As concerns the methodology of our study, we regard the population-based design as a strength. The long-term follow-up of an unselected cohort provides knowledge on treatment and survival from glioblastoma, including the establishment of long-term survival rates, and the inclusion period ensured that all included patients were diagnosed with glioblastoma after the implementation of the current standard treatment. Other strengths were the low dropout rate of only one patient (0.3%), and the detailed clinical information on treatment and complications available in all patients within a common patient record system throughout the region. Among the limitations of the study was the lack of molecular analyses. Furthermore, performance status was not sufficiently described in medical records and not applicable to validated screening tools. To counteract this, comorbidity burden, cognitive impairment and gait dysfunction were included in the analyses. In addition, surgical resection was not classified into degree of resection; hence, the survival curves did not differentiate between macroscopic complete and partial resection. The inclusion of patients with MRI-based diagnosis can be considered both a disadvantage and an advantage. To reduce the risk of incorrect inclusion of patients without glioblastoma, we included only patients when clinicians and radiologists unequivocally considered glioblastoma the most likely diagnosis. Even though biopsy is highly recommended and is standard of care, it is not always considered feasible and safe. Therefore, the inclusion of these patients provides knowledge on the diagnostic approach and survival of all patients with highly suspected glioblastoma based on MRI.

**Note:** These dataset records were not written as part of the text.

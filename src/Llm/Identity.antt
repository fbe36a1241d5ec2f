-- ===== src/Llm/Identity.antt =====
-- Which models `verify_model` lets pass.
use mathlib.Core.Path.{subst}
use rag_anotacoes_sdd.Prelude.{
  ◌≡◌, ◌≢◌, ◌↔◌, ◌⊎◌, inl, inr, refl, [], ◌∷◌, Option, none, some, ◌++◌, codes, ok, arith,
  bind_inversion, require, model_identity_error, ◌∙◌,
}
use rag_anotacoes_sdd.Text.{Text}
use rag_anotacoes_sdd.Config.{contains}
use rag_anotacoes_sdd.Config.Security.{contains-split, contains-append}
use rag_anotacoes_sdd.Llm.{
  Answer, http_error, not_json, json, OllamaClient, identity_of, shown_model, post, model_identity,
  verify_model, shown, answered,
}

-- Which identity a shown model has: its parent model's name, if that is there and not empty; else
-- its digest, if that is there; else none, which is the empty text.
pub data Names (parent_model digest : Option Text) (identity : Text) : Type 0 where
  by_parent : parent_model ≡ some identity → identity ≢ [] → Names parent_model digest identity
  by_digest :
      (parent_model ≡ none) ⊎ (parent_model ≡ some [])
      → digest ≡ some identity
      → Names parent_model digest identity
  by_nothing :
      (parent_model ≡ none) ⊎ (parent_model ≡ some [])
      → digest ≡ none
      → identity ≡ []
      → Names parent_model digest identity

identity_of-Names : (p d : Option Text) → Names p d (identity_of p d)
identity_of-Names none none = by_nothing (inl refl) refl refl
identity_of-Names none (some d) = by_digest (inl refl) refl
identity_of-Names (some []) none = by_nothing (inr refl) refl refl
identity_of-Names (some []) (some d) = by_digest (inr refl) refl
identity_of-Names (some (c ∷ s)) d = by_parent refl (λ e. cc)

Names-identity_of : (p d : Option Text) (t : Text) → Names p d t → identity_of p d ≡ t
Names-identity_of p d t (by_parent e n) = named t e n
  where
    named : (s : Text) → p ≡ some s → s ≢ [] → identity_of p d ≡ s
    named [] e' n' = absurd (n' refl)
    named (c ∷ s) e' n' = rw e' refl
Names-identity_of p d t (by_digest (inl e) e') = rw (e, e') refl
Names-identity_of p d t (by_digest (inr e) e') = rw (e, e') refl
Names-identity_of p d t (by_nothing (inl e) e' e'') = rw (e, e', e'') refl
Names-identity_of p d t (by_nothing (inr e) e' e'') = rw (e, e', e'') refl

module _ {J : Type 0} (self : OllamaClient J) where
  -- The server shows the model with an identity that has the expected one in it.
  pub record IsIdentified (model expected : Text) : Type 0 where
    pub answer : J
    pub parent_model : Option Text
    pub digest : Option Text
    pub posted : self.transport (codes "/api/show") (shown_model model) ≡ json answer
    pub read : self.read_show answer ≡ some (parent_model, digest)
    pub before : Text
    pub after : Text
    pub identity : Names parent_model digest (before ++ (expected ++ after))

  answered_inversion : (a : Answer J) {j : J} → answered a ≡ ok j → a ≡ json j
  answered_inversion http_error h = cc
  answered_inversion not_json h = cc
  answered_inversion (json i) h = ground (arith, h)

  shown_inversion :
      (o : Option (Option Text × Option Text)) {t : Text}
      → shown o ≡ ok t
      → (parent_model : Option Text) × (digest : Option Text) × (o ≡ some (parent_model, digest))
        × (identity_of parent_model digest ≡ t)
  shown_inversion none h = cc
  shown_inversion (some (parent_model, digest)) h = (parent_model, digest, refl, ground (arith, h))

  model_identity_inversion :
      (model : Text) {t : Text}
      → model_identity self model ≡ ok t
      → (j : J) × (self.transport (codes "/api/show") (shown_model model) ≡ json j)
        × (shown (self.read_show j) ≡ ok t)
  unfolding model_identity post
  model_identity_inversion model h =
      let (j, e, e') =
        bind_inversion (answered (self.transport (codes "/api/show") (shown_model model)))
          (λ j. shown (self.read_show j)) h in
      (j, answered_inversion (self.transport (codes "/api/show") (shown_model model)) e, e')

  -- `verify_model` returns exactly where the server shows the model with an identity that has the
  -- expected one in it: the parent model's name if that is there and not empty, and only else the
  -- digest. In every other case it raises.
  pub verify_model-ok_iff :
      (model expected : Text)
      → (verify_model self model expected ≡ ok tt) ↔ IsIdentified model expected
  unfolding verify_model model_identity post
  verify_model-ok_iff model expected = (
    λ h.
        let (t, e, e') =
          bind_inversion (model_identity self model)
            (λ observed. require (contains expected observed) model_identity_error) h in
        let (j, posted, e'') = model_identity_inversion model e in
        let (parent_model, digest, read, same) = shown_inversion (self.read_show j) e'' in
        let (before, after, split) = contains-split expected t (ground (arith, e')) in
        record {
          answer = j;
          parent_model = parent_model;
          digest = digest;
          posted = posted;
          read = read;
          before = before;
          after = after;
          identity =
              subst (λ t. Names parent_model digest t) (same ∙ split)
                (identity_of-Names parent_model digest);
        },
    λ v.
        let there = contains-append expected v.before v.after in
        let named =
          Names-identity_of v.parent_model v.digest (v.before ++ (expected ++ v.after))
            v.identity in
        rw (v.posted, v.read, named, there) refl,
  )
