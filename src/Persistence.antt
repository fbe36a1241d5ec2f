-- ===== src/Persistence.antt =====
-- The tables (persistence/models.py and the constraints of migrations/versions) and the
-- repositories over them (persistence/repositories.py, persistence/rls.py).
pub mod Tables
pub mod Transactions
pub mod Inserts
pub mod Notes
pub mod Jobs
pub mod Effects
pub mod Ownership
pub mod Accounts
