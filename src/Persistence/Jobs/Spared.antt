-- ===== src/Persistence/Jobs/Spared.antt =====
-- What the repository does to a job leaves in place: the chunks, unless it publishes.
use rag_anotacoes_sdd.Prelude.{
  ℕ, select, ◌&&◌, ◌≡◌, ◌∙◌, Bool, true, false, Option, none, some, arith, Instant, Result, ok,
  ◌==◌, if◌then◌else◌,
}
use rag_anotacoes_sdd.Text.{Text}
use rag_anotacoes_sdd.Domain.Notes.{Note}
use rag_anotacoes_sdd.Domain.Jobs.{IndexingJob, claim, fail_transient, default_maximum_attempts}
use rag_anotacoes_sdd.Persistence.Tables.{NoteRecord, IndexingJobRecord}
use rag_anotacoes_sdd.Persistence.Transactions.{
  Db, Tx, is_owner, set_current_user, pure, lift, gets, ◌>>=◌, then_inversion,
}
use rag_anotacoes_sdd.Persistence.Inserts.{write_note, write_job}
use rag_anotacoes_sdd.Persistence.Jobs.{
  is_due, earliest, claim_next, claim_indexing_job, update_claimed, claim_record, note_for_job,
  fail, fail_record, fail_note, is_failed, marked_failed,
}

-- `m`, when it returns, has left the chunks as they were.
abbrev pub Spares : {A : Type 0} → Tx A → Type 0
Spares {A} m =
    (db : Db) (a : A) (db' : Db)
    → ◌≡◌ {A = Result A × Db} (m db) (ok a, db')
    → db'.chunks ≡ db.chunks

pub write_job-Spares : (j : IndexingJob) → Spares (write_job j)
unfolding write_job
write_job-Spares j db a db' h = ground arith

pub write_note-Spares : (n : Note) → Spares (write_note n)
unfolding write_note
write_note-Spares n db a db' h = ground arith

pub pure-Spares : {A : Type 0} (a : A) → Spares (pure a)
pure-Spares a db b db' h = ground arith

pub lift-Spares : {A : Type 0} (r : Result A) → Spares (lift r)
lift-Spares r db b db' h = ground arith

pub gets-Spares : {A : Type 0} (f : Db → A) → Spares (gets f)
gets-Spares f db b db' h = ground arith

pub then-Spares :
    {A B : Type 0} (m : Tx A) (f : A → Tx B)
    → Spares m
    → ((a : A) → Spares (f a))
    → Spares (m >>= f)
then-Spares m f s t db b db' h =
    let (a, middle, e, e') = then_inversion m f db h in t a middle b db' e' ∙ s db a middle e

pub branch-Spares :
    {A : Type 0} (b : Bool) {m n : Tx A} → Spares m → Spares n → Spares (if b then m else n)
branch-Spares true s t db a db' h = s db a db' h
branch-Spares false s t db a db' h = t db a db' h

pub fail_note-Spares :
    (job : IndexingJob) (code : Text) (now : Instant) (o : Option NoteRecord)
    → Spares (fail_note job code now o)
fail_note-Spares job code now none = pure-Spares tt
fail_note-Spares job code now (some note) =
    branch-Spares (note.version == job.note_version)
      (write_note-Spares (marked_failed note code now)) (pure-Spares tt)

pub note_for_job-Spares : (job : IndexingJob) → Spares (note_for_job job)
unfolding note_for_job set_current_user
note_for_job-Spares job db a db' h = ground arith

pub fail_record-Spares :
    (job : IndexingJob) (code : Text) (now : Instant) (o : Option IndexingJobRecord)
    → Spares (fail_record job code now o)
fail_record-Spares job code now none = λ db a db' h. cc
fail_record-Spares job code now (some row) =
    then-Spares _ _ (lift-Spares (fail_transient job code now default_maximum_attempts)) (λ failed.
      then-Spares _ _ (write_job-Spares failed) (λ _.
        then-Spares _ _
          (branch-Spares (is_failed failed.status)
            (then-Spares _ _ (gets-Spares _) (λ note. fail_note-Spares job code now note))
            (pure-Spares tt))
          (λ _. pure-Spares failed)))

pub fail-Spares : (job : IndexingJob) (code : Text) (now : Instant) → Spares (fail job code now)
unfolding fail
fail-Spares job code now =
    then-Spares _ _ (gets-Spares _) (λ row. fail_record-Spares job code now row)

pub update_claimed-Spares :
    (now : Instant) (lease_seconds : ℕ) (o : Option IndexingJobRecord)
    → Spares (update_claimed now lease_seconds o)
update_claimed-Spares now lease_seconds none = pure-Spares none
update_claimed-Spares now lease_seconds (some r) = λ db a db' h. ground arith

pub claim_record-Spares :
    (now : Instant) (lease_seconds : ℕ) (o : Option IndexingJobRecord)
    → Spares (claim_record now lease_seconds o)
claim_record-Spares now lease_seconds none = pure-Spares none
claim_record-Spares now lease_seconds (some r) =
    then-Spares (lift (claim r now lease_seconds)) _ (lift-Spares (claim r now lease_seconds))
      (λ claimed.
        then-Spares (write_job claimed) _ (write_job-Spares claimed)
          (λ _. pure-Spares (some claimed)))

module _ (now : Instant) where
  pub claim_indexing_job-Spares :
      (lease_seconds : ℕ) → Spares (claim_indexing_job now lease_seconds)
  unfolding claim_indexing_job
  claim_indexing_job-Spares lease_seconds =
      then-Spares (gets λ db. earliest (select (is_due now) db.jobs)) _ (gets-Spares _)
        (λ o. update_claimed-Spares now lease_seconds o)

  pub claim_next-Spares : (lease_seconds : ℕ) → Spares (claim_next now lease_seconds)
  unfolding claim_next
  claim_next-Spares lease_seconds =
      then-Spares
        (gets
          λ db. earliest (select (λ j. is_owner db.current_user j.user_id && is_due now j) db.jobs))
        _ (gets-Spares _) (λ o. claim_record-Spares now lease_seconds o)
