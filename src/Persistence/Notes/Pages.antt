-- ===== src/Persistence/Notes/Pages.antt =====
-- The pages of `NoteRepository.list`.
use mathlib.Core.List.{Permᴰ}
use mathlib.Core.List.Permᴰ
use rag_anotacoes_sdd.Prelude.{
  ℕ, ◌++◌, min, sym, ap, ◌∙◌, drop, take-append-drop, ◌≡◌, refl, inl, inr, true, false, ◌&&◌,
  Option, List, [], ◌∷◌, All, select, take, length, length-take, arith, Bool-cases, Uuid, Instant,
  ok,
}
use rag_anotacoes_sdd.Domain.Notes.{Note}
use rag_anotacoes_sdd.Persistence.Transactions.{Db}
use rag_anotacoes_sdd.Persistence.Notes
use rag_anotacoes_sdd.Persistence.Notes.{is_owned, is_before, is_after, insert_sorted, sort_notes}

is_before_asym : (a b : Note) → is_before a b ≡ true → is_before b a ≡ false
is_before_asym a b h = ground arith

is_before_trans :
    (x m n : Note) → is_before x m ≡ false → is_before n m ≡ true → is_before x n ≡ false
is_before_trans x m n h k = ground arith

-- No note stands behind one that it should come before.
abbrev pub IsOrdered : List Note → Type 0
IsOrdered [] = Unit
IsOrdered (n ∷ ns) = All (λ m. is_before m n ≡ false) ns × IsOrdered ns

module _ (P : Note → Type 0) where
  insert_sorted-All : (n : Note) (ns : List Note) → P n → All P ns → All P (insert_sorted n ns)
  unfolding insert_sorted
  insert_sorted-All n [] h v = (h, tt)
  insert_sorted-All n (m ∷ ms) h v = elim (Bool-cases (is_before n m)) [
    | inl e ↦ rw (e, insert_sorted) (h, v)
    | inr e ↦ rw (e, insert_sorted) (v.0, insert_sorted-All n ms h v.1)
  ]

  sort_notes-All : (ns : List Note) → All P ns → All P (sort_notes ns)
  unfolding sort_notes
  sort_notes-All [] v = tt
  sort_notes-All (n ∷ ns) v = insert_sorted-All n (sort_notes ns) v.0 (sort_notes-All ns v.1)

All-is_before :
    (n m : Note) (ms : List Note)
    → is_before n m ≡ true
    → All (λ x. is_before x m ≡ false) ms
    → All (λ x. is_before x n ≡ false) ms
All-is_before n m [] e v = tt
All-is_before n m (x ∷ xs) e v = (is_before_trans x m n v.0 e, All-is_before n m xs e v.1)

insert_sorted-IsOrdered :
    (n : Note) (ns : List Note) → IsOrdered ns → IsOrdered (insert_sorted n ns)
unfolding insert_sorted
insert_sorted-IsOrdered n [] v = (tt, tt)
insert_sorted-IsOrdered n (m ∷ ms) v = elim (Bool-cases (is_before n m)) [
  | inl e ↦ rw (e, insert_sorted) ((is_before_asym n m e, All-is_before n m ms e v.0), v)
  | inr e ↦
      rw (e, insert_sorted)
        (
          insert_sorted-All (λ x. is_before x m ≡ false) n ms e v.0,
          insert_sorted-IsOrdered n ms v.1,
        )
]

sort_notes-IsOrdered : (ns : List Note) → IsOrdered (sort_notes ns)
unfolding sort_notes
sort_notes-IsOrdered [] = tt
sort_notes-IsOrdered (n ∷ ns) = insert_sorted-IsOrdered n (sort_notes ns) (sort_notes-IsOrdered ns)

insert_sorted-Perm : (n : Note) (ns : List Note) → Permᴰ (n ∷ ns) (insert_sorted n ns)
unfolding insert_sorted
insert_sorted-Perm n [] = Permᴰ.refl (n ∷ [])
insert_sorted-Perm n (m ∷ ms) = elim (Bool-cases (is_before n m)) [
  | inl e ↦ rw (e, insert_sorted) (Permᴰ.refl (n ∷ m ∷ ms))
  | inr e ↦
      rw (e, insert_sorted)
        (Permᴰ.trans (Permᴰ.swap refl refl) (Permᴰ.cons refl (insert_sorted-Perm n ms)))
]

sort_notes-Perm : (ns : List Note) → Permᴰ ns (sort_notes ns)
unfolding sort_notes
sort_notes-Perm [] = Permᴰ.nil
sort_notes-Perm (n ∷ ns) =
    Permᴰ.trans (Permᴰ.cons refl (sort_notes-Perm ns)) (insert_sorted-Perm n (sort_notes ns))

-- A page and what is left for the pages behind it are together the notes that the transaction
-- shows of the user and that come after the last note of the page before, each once, newest
-- change first and by falling identifier among changes at one time. The page is as full as its
-- limit and the number of these notes allow, and reading it changes nothing.
pub list-IsPage :
    (user_id : Uuid) (limit : ℕ) (before : Option (Instant × Uuid)) (db : Db) {ns : List Note}
    {db' : Db}
    → Notes.list user_id limit before db ≡ (ok ns, db')
    → (rest : List Note) × IsOrdered (ns ++ rest)
      × Permᴰ (select (λ r. is_owned user_id db r && is_after before r) db.notes) (ns ++ rest)
      × (length ns ≡ min limit (length (ns ++ rest)))
      × (db' ≡ db)
unfolding Notes.list
list-IsPage user_id limit before db {ns} {db'} h =
    let shown = select (λ r. is_owned user_id db r && is_after before r) db.notes in
    let page : take limit (sort_notes shown) ≡ ns = ground arith in
    let whole : sort_notes shown ≡ ns ++ drop limit (sort_notes shown) =
      rw page at (sym (take-append-drop limit (sort_notes shown))) in
    (
      drop limit (sort_notes shown),
      rw whole at (sort_notes-IsOrdered shown),
      rw whole at (sort_notes-Perm shown),
      rw page at (length-take limit (sort_notes shown)) ∙ ap (λ x. min limit (length x)) whole,
      ground arith,
    )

In conclusion, the prognosis of glioblastoma was considerably worse in a real-world setting compared with results from clinical trials. In patients receiving treatment according to the Stupp protocol, survival rates were comparable to that achieved in clinical trials. Multivariate Cox regression demonstrated that both resection and CRT were strongly associated with better outcome. However, only two-thirds of the patients in our cohort underwent resection, and less than half of the patients received treatment according to the Stupp protocol. Our results point towards a substantial risk of undertreating patients with glioblastoma, especially in elderly patients, and a potential benefit from choosing a more aggressive treatment approach.